At this harvester we just have about 70 datasets which will be imported. In total we have seven custom harvesters. Every other one has with bigger datasets (up to 10k) and 4 harvesters get data from XML-Files, but this one crashes and we are clueless at the moment why. I will try to rewind it to the suggested commit and check if it makes a difference.

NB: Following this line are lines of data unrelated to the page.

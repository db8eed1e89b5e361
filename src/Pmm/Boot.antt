-- ===== src/Pmm/Boot.antt =====
-- `pmm_init` of mm/pmm.c, and the Multiboot structures of include/mm/multiboot.h that it reads.
-- `kernel_end` is the linker's `_end`, where the bitmap lies; the boot loader's data is in `mem`.
pub mod Stages
pub mod Ready
pub mod Ends
use hao_sys.Base.{
  ℕ, zero, suc, ◌+◌, ◌-◌, ◌*◌, ◌/◌, ◌%◌, ◌^◌, ◌≡◌, Bool, true, false, ◌&&◌, ◌||◌, Option, none,
  some, ltb, leb, ◌==◌, if◌then◌else◌, Memory, store, sub32, add32, mul32, bit_and, count_up,
  for_pages,
}
use hao_sys.Pmm.Bitmap.{get_page_bit, set_page_bit, addr_to_index, index_to_addr, mark_region}
use hao_sys.Pmm.{Pmm, no_page}

-- An init either hands over an allocator, halts the machine, or loops for ever in a broken table.
pub data Boot : Type 0 where
  started : Pmm → Boot
  halted : Boot
  looping : Boot

-- The tag loop of Multiboot 2: `mem_lower` and `mem_upper` of the last type 4 tag.
-- `(size + 7) & ~7u` rounds up to a multiple of 8.
unfoldable pub mb2_tags : Memory → ℕ → ℕ → ℕ → ℕ → ℕ → Option (ℕ × ℕ)
mb2_tags mem tags_end zero p lower upper = none
mb2_tags mem tags_end (suc fuel) p lower upper =
    let kind = mem p in
    let size = mem (add32 p 4) in
    let known = (kind == 4) && leb 16 size in
    let rest =
      mb2_tags mem tags_end fuel (add32 p (add32 size 7 / 8 * 8))
        (if known then mem (add32 p 8) else lower) (if known then mem (add32 p 12) else upper) in
    if leb (add32 p 8) tags_end
    then (if (kind == 0) || ltb size 8 then some (lower, upper) else rest)
    else some (lower, upper)

abbrev pub mb2_magic : ℕ
mb2_magic = 0x36D76289

-- `mem_lower` and `mem_upper`, from the tags of Multiboot 2 or the fields of Multiboot 1.
unfoldable pub memory_info : Memory → ℕ → ℕ → Option (ℕ × ℕ)
unfolding mb2_tags
memory_info mem magic info_addr =
    if magic == mb2_magic
    then mb2_tags mem (add32 info_addr (mem info_addr)) (mem info_addr + 1) (add32 info_addr 8) 0 0
    else some (mem (add32 info_addr 4), mem (add32 info_addr 8))

-- A `uint64_t` field.
abbrev load64 : Memory → ℕ → ℕ
load64 mem a = mem a + 2 ^ 32 * mem (add32 a 4)

-- `multiboot_mmap_entry_t` as declared: four 64-bit fields behind `size`, and `type` at offset 36.
unfoldable pub mark_entry : Memory → ℕ → ℕ → Memory → Memory
mark_entry mem total ptr bitmap =
    let base = load64 mem (add32 ptr 4) in
    let len = load64 mem (add32 ptr 20) in
    if mem (add32 ptr 36) == 1
    then (if ltb base 0xFFFFFFFF && ltb 0 len
        then mark_region total bitmap (base % 2 ^ 32) (len % 2 ^ 32) true
        else bitmap)
    else (if ltb base 0xFFFFFFFF && ltb 0 len
        then mark_region total bitmap (base % 2 ^ 32) (len % 2 ^ 32) false
        else bitmap)

unfoldable pub mmap_loop : Memory → ℕ → ℕ → ℕ → ℕ → Memory → Option Memory
unfolding mark_entry
mmap_loop mem total mmap_end zero ptr bitmap = none
mmap_loop mem total mmap_end (suc fuel) ptr bitmap =
    let rest =
      mmap_loop mem total mmap_end fuel (add32 ptr (add32 (mem ptr) 4))
        (mark_entry mem total ptr bitmap) in
    if ltb ptr mmap_end then rest else some bitmap

-- The map is read on the Multiboot 1 path only, and only if flag bit 6 says that it is there.
unfoldable pub mark_mmap : Memory → ℕ → ℕ → ℕ → Memory → Option Memory
unfolding mmap_loop
mark_mmap mem total magic info_addr bitmap =
    let mmap_length = mem (add32 info_addr 44) in
    let mmap_addr = mem (add32 info_addr 48) in
    let marked =
      mmap_loop mem total (add32 mmap_addr mmap_length) (mmap_length + 1) mmap_addr bitmap in
    if magic == mb2_magic
    then some bitmap
    else (if bit_and (mem info_addr) 0x40 == 0 then some bitmap else marked)

unfoldable pub clear_bitmap : ℕ → Memory → Memory
clear_bitmap size bitmap = count_up size 0 (λ i bm. store bm i 0) bitmap

unfoldable pub count_free : ℕ → Memory → ℕ
count_free total bitmap = count_up total 0 (λ i n. if get_page_bit bitmap i then add32 n 1 else n) 0

abbrev take_bit : ℕ → Memory × ℕ → Memory × ℕ
take_bit i (bitmap, free) =
    if get_page_bit bitmap i then (set_page_bit bitmap i false, sub32 free 1) else (bitmap, free)

-- Takes the pages from the one of address `first` to the one of address `last` out.
unfoldable pub reserve : ℕ → ℕ → ℕ → Memory × ℕ → Memory × ℕ
reserve total first last s = for_pages (addr_to_index first) (addr_to_index last) total take_bit s

abbrev push_page : Memory → ℕ → Memory × ℕ → Memory × ℕ
push_page bitmap i (mem, head) =
    if get_page_bit bitmap i then (store mem (index_to_addr i) head, i) else (mem, head)

unfoldable pub build_list : ℕ → Memory → Memory → Memory × ℕ
build_list total bitmap mem = count_up total 0 (push_page bitmap) (mem, no_page)

-- The total in kilobytes, or 16 MB if the boot loader gives none.
unfoldable pub total_kb : ℕ × ℕ → ℕ
total_kb (lower, upper) = if add32 lower upper == 0 then 16 * 1024 else add32 lower upper

abbrev pub bitmap_bytes : ℕ → ℕ
bitmap_bytes total = (total + 7) / 8

-- The end of `pmm_init`: count, take the kernel and the bitmap out, halt if nothing is left, link
-- the free pages.
unfoldable pub finish : Memory → ℕ → ℕ → ℕ → Memory → Boot
unfolding count_free reserve build_list
finish mem kernel_end memory total marked =
    let kernel = reserve total 0x100000 (sub32 kernel_end 1) (marked, count_free total marked) in
    let map_end = sub32 (add32 kernel_end (bitmap_bytes total)) 1 in
    let (bitmap, free) = reserve total kernel_end map_end kernel in
    let (links, head) = build_list total bitmap mem in
    if free == 0
    then halted
    else started (record {
      bitmap = bitmap;
      mem = links;
      total_pages = total;
      free_pages = free;
      total_memory = memory;
      free_list_head = head;
    })

-- `bitmap` is what lies at `_end` before; `mem` is physical memory.
unfoldable pub init : Memory → Memory → ℕ → ℕ → ℕ → Boot
unfolding memory_info total_kb clear_bitmap mark_mmap finish
init mem bitmap kernel_end magic info_addr = elim (memory_info mem magic info_addr) [
  | none ↦ looping
  | some info ↦
      let memory = mul32 (total_kb info) 1024 in
      let total = memory / 4096 in
      let cleared = clear_bitmap (bitmap_bytes total) bitmap in
      let upper = mark_region total cleared 0x100000 (sub32 memory 0x100000) true in
      elim (mark_mmap mem total magic info_addr upper) [
        | none ↦ looping
        | some marked ↦ finish mem kernel_end memory total marked
      ]
]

xellos866 commented 4 years ago

We have now tried test runs with the current master (96f9fbc) and the issue seems to be gone. I don't know what exactly was the hiccup but maybe this solves the problem for other users, too.

~greetz

bonnland commented 4 years ago

We have now tried test runs with the current master (96f9fbc) and the issue seems to be gone

I can confirm that the harvest problems go away with this current master. Note that the package requirements in pip-requirements.txt have been updated, so these commands are necessary during upgrade:

pip install --upgrade -r pip-requirements.txt
python setup.py develop

Of course these commands are always recommended when upgrading, but in this case it's absolutely required, since the package dependencies are quite different than in earlier versions.